# How to properly clamp for end grain cutting board



## adrianmcmanus (Nov 9, 2011)

How much clamping pressure should I apply when clamping my initial boards together for my end grain cutting board build? I think I may have tightened them down too much as I noticed the glue up was slightly warped and a few glue joints were weak the next day. I used 3 clamps with cauls. This was my first glue up so I'm sure it was either too much clamping pressure or something else I did.


----------



## ed_h (Dec 1, 2010)

You don't really need too much more pressure than that required to close up any gap. Really high pressure can squeeze out too much glue.

It's probably more important to have even clamping pressure across the joint. This is the real reason for using more clamps and cauls.


----------



## HowardAcheson (Nov 25, 2011)

Don't worry about applying too much pressure. If you are using a PVA adhesive (ala Titebond) and hard wood like maple, you want to use as much pressure as your clamps can apply. Titebond recommends 200 psi of pressure for maple and other hard woods. That's fully tightened 3/4" pipe clamps placed every 6 to 8 inches.

Here's some info about making chopping blocks and end grain cutting boards that may be helpful.

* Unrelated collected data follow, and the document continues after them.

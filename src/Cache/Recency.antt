-- ===== src/Cache/Recency.antt =====
-- What `PutWithTTL` and `Get` of internal/relay/cache.go leave in the cache, as functions of the
-- recency list alone: no pointers, no map and no word arithmetic.
use mathlib.Core.Logic.{ite}
use p2papp.Prelude.{
  ℕ, zero, suc, ◌+◌, ◌-◌, ◌<◌, ◌≤◌, ◌≡◌, ◌≢◌, refl, sym, ap, ◌∙◌, true, false, none, some, List, [],
  ◌∷◌, ◌⊎◌, inl, inr, arith, Str, str_dec, length, take, length-take-le, half_word, add64, lt64,
  add64_small, lt64_small, Bool-cases, ltb, leb, if◌then◌else◌,
}
use p2papp.Cache.{
  Element, Cache, element_at, list_remove, remove_element, evict_at, evict_oldest, must_evict,
  evict_loop,
}
use p2papp.Cache.Elements.{find_key, total, Distinct, element_at-find_key, list_back-cases}
use p2papp.Cache.Invariant.{IsValid, evict_oldest-IsValid}

-- The list without the element of a key.
unfoldable pub without : Str → List Element → List Element
without k [] = []
without k (e ∷ es) = ite (str_dec e.key k) es (e ∷ without k es)

-- The longest front part of the list that accounts for at most `budget` bytes.
unfoldable pub fitting : ℕ → List Element → List Element
fitting budget [] = []
fitting budget (e ∷ es) =
    let rest = fitting (budget - e.size) es in if leb e.size budget then e ∷ rest else []

pub without_absent : (k : Str) (es : List Element) → find_key k es ≡ none → without k es ≡ es
unfolding find_key without
without_absent k [] h = refl
without_absent k (e ∷ es) h = ground (arith, without_absent k es)

pub list_remove-without :
    (k : Str) (es : List Element) (e : Element)
    → Distinct es
    → find_key k es ≡ some e
    → list_remove e.id es ≡ without k es
unfolding find_key without list_remove element_at
list_remove-without k [] e d h = cc
list_remove-without k (f ∷ es) e d h =
    ground (arith, list_remove-without k es e d.2, element_at-find_key k es e d.2)

pub fitting_all : (b : ℕ) (es : List Element) → total es ≤ b → fitting b es ≡ es
unfolding fitting total
fitting_all b [] h = refl
fitting_all b (e ∷ es) h = ground (arith, fitting_all (b - e.size) es)

-- Of a list that does not fit, the last element is not in the part that fits.
pub fitting-take :
    (b : ℕ) (es : List Element) → b < total es → fitting b (take (length es - 1) es) ≡ fitting b es
unfolding fitting total
fitting-take b [] h = absurd (omega arith)
fitting-take b (e ∷ []) h = ground arith
fitting-take b (e ∷ f ∷ es) h = ground (arith, fitting-take (b - e.size) (f ∷ es))

pub total-fitting-le : (b : ℕ) (es : List Element) → total (fitting b es) ≤ b
unfolding fitting total
total-fitting-le b [] = omega arith
total-fitting-le b (e ∷ es) = ground (arith, total-fitting-le (b - e.size) es)

pub find_key-fitting :
    (k : Str) (b : ℕ) (es : List Element) → find_key k es ≡ none → find_key k (fitting b es) ≡ none
unfolding fitting find_key
find_key-fitting k b [] h = refl
find_key-fitting k b (e ∷ es) h = ground (arith, find_key-fitting k (b - e.size) es)

pub find_key-without_self :
    (k : Str) (es : List Element) → Distinct es → find_key k (without k es) ≡ none
unfolding without find_key
find_key-without_self k [] d = refl
find_key-without_self k (e ∷ es) d = ground (arith, find_key-without_self k es d.2)

-- The test of the eviction loop, without words.
must_evict_lem :
    (size : ℕ) (c : Cache)
    → IsValid c
    → c.capacity + size < half_word
    → (must_evict size c ≡ true → (c.capacity < total c.items + size) × (0 < length c.items))
      × (must_evict size c ≡ false → (total c.items + size ≤ c.capacity) ⊎ (length c.items ≡ 0))
unfolding must_evict
must_evict_lem size c v h =
    let s : add64 c.current_size size ≡ total c.items + size =
      omega (arith, add64_small c.current_size size, v.sized, v.within) in
    let l : lt64 c.capacity (add64 c.current_size size) ≡ ltb c.capacity (total c.items + size) =
      rw s (lt64_small _ _ (omega (arith, v.signed)) (omega (arith, v.within))) in
    (λ e. ground arith, λ e. ground arith)

-- What stays when `size` bytes are to be added: the most recent elements that leave room.
unfoldable pub room : ℕ → ℕ → List Element → List Element
room capacity size es = if leb size capacity then fitting (capacity - size) es else []

room-take :
    (capacity size : ℕ) (es : List Element)
    → capacity < total es + size
    → room capacity size (take (length es - 1) es) ≡ room capacity size es
unfolding room
room-take capacity size es h = ground (arith, fitting-take (capacity - size) es)

room_stop :
    (capacity size : ℕ) (es : List Element)
    → (total es + size ≤ capacity) ⊎ (length es ≡ 0)
    → room capacity size es ≡ es
unfolding room fitting
room_stop capacity size [] h = ground arith
room_stop capacity size (e ∷ es) h = ground (arith, fitting_all (capacity - size) (e ∷ es))

evict_oldest_lem :
    (c : Cache)
    → IsValid c
    → ((evict_oldest c).items ≡ take (length c.items - 1) c.items)
      × ((evict_oldest c).capacity ≡ c.capacity)
      × ((evict_oldest c).next_id ≡ c.next_id)
unfolding evict_oldest evict_at remove_element
evict_oldest_lem c v = elim (list_back-cases c.items v.distinct) [
  | inl (e, empty) ↦ rw empty (e ∙ ap (λ es. take (length es - 1) es) (sym e), refl, refl)
  | inr (b, back, at, rest) ↦ rw back (rest, refl, refl)
]

-- With a round of fuel for each element the loop ends by its own test, and it has dropped from the
-- back exactly what does not leave room.
pub evict_loop_lem :
    (fuel size : ℕ) (c : Cache)
    → IsValid c
    → c.capacity + size < half_word
    → length c.items ≤ fuel
    → ((evict_loop fuel size c).items ≡ room c.capacity size c.items)
      × ((evict_loop fuel size c).capacity ≡ c.capacity)
      × ((evict_loop fuel size c).next_id ≡ c.next_id)
unfolding evict_loop
evict_loop_lem zero size c v h f =
    (sym (room_stop c.capacity size c.items (inr (omega arith))), refl, refl)
evict_loop_lem (suc fuel) size c v h f = elim (Bool-cases (must_evict size c)) [
  | inl more ↦
      let test = (must_evict_lem size c v h).0 more in
      let step = evict_oldest_lem c v in
      let rest =
        evict_loop_lem fuel size (evict_oldest c) (evict_oldest-IsValid c v) (omega (arith, step.1))
          (omega (arith, ap length step.0, length-take-le (length c.items - 1) c.items)) in
      rw (more, evict_loop)
        (ground (arith, room-take c.capacity size c.items), ground arith, ground arith)
  | inr done ↦
      rw (done, evict_loop)
        (sym (room_stop c.capacity size c.items ((must_evict_lem size c v h).1 done)), refl, refl)
]

pub find_key-fitting_or :
    (k : Str) (b : ℕ) (es : List Element)
    → (find_key k (fitting b es) ≡ find_key k es) ⊎ (find_key k (fitting b es) ≡ none)
unfolding fitting find_key
find_key-fitting_or k b [] = inl refl
find_key-fitting_or k b (e ∷ es) = ground (arith, find_key-fitting_or k (b - e.size) es)

pub find_key-without_ne :
    (k j : Str) (es : List Element) → j ≢ k → find_key k (without j es) ≡ find_key k es
unfolding without find_key
find_key-without_ne k j [] n = refl
find_key-without_ne k j (e ∷ es) n = ground (arith, find_key-without_ne k j es)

There is a little engineering that needs to be considered when building an end grain butcher block or cutting board. The best woods are maple, birch, beech and cherry if you want a contrast. Choose wood where the growth rings (viewed from the end) run as close to 90 degrees or parallel to one edge. Remember, the expansion/contraction is about double along the annular rings verses perpendicular to the rings. You've got to keep the grain running in the same direction as you glue up your strips. In other words, don't glue a flatsawn edge to a quartersawn edge. 

Next, the way butcher blocks are made is to glue up strips of wood like you were making a laminated type cutting board. These laminated panels are then run through a planer to flatten them and bring them to equal thickness. Then the panel is crosscut into strips of blocks equal to the thickness that you want the butcher block to be. These block strips are then glued together again keeping the grain running in the same directions. 

Not paying attention to the grain orientation will lead to the block cracking and/or joints being pulled apart. 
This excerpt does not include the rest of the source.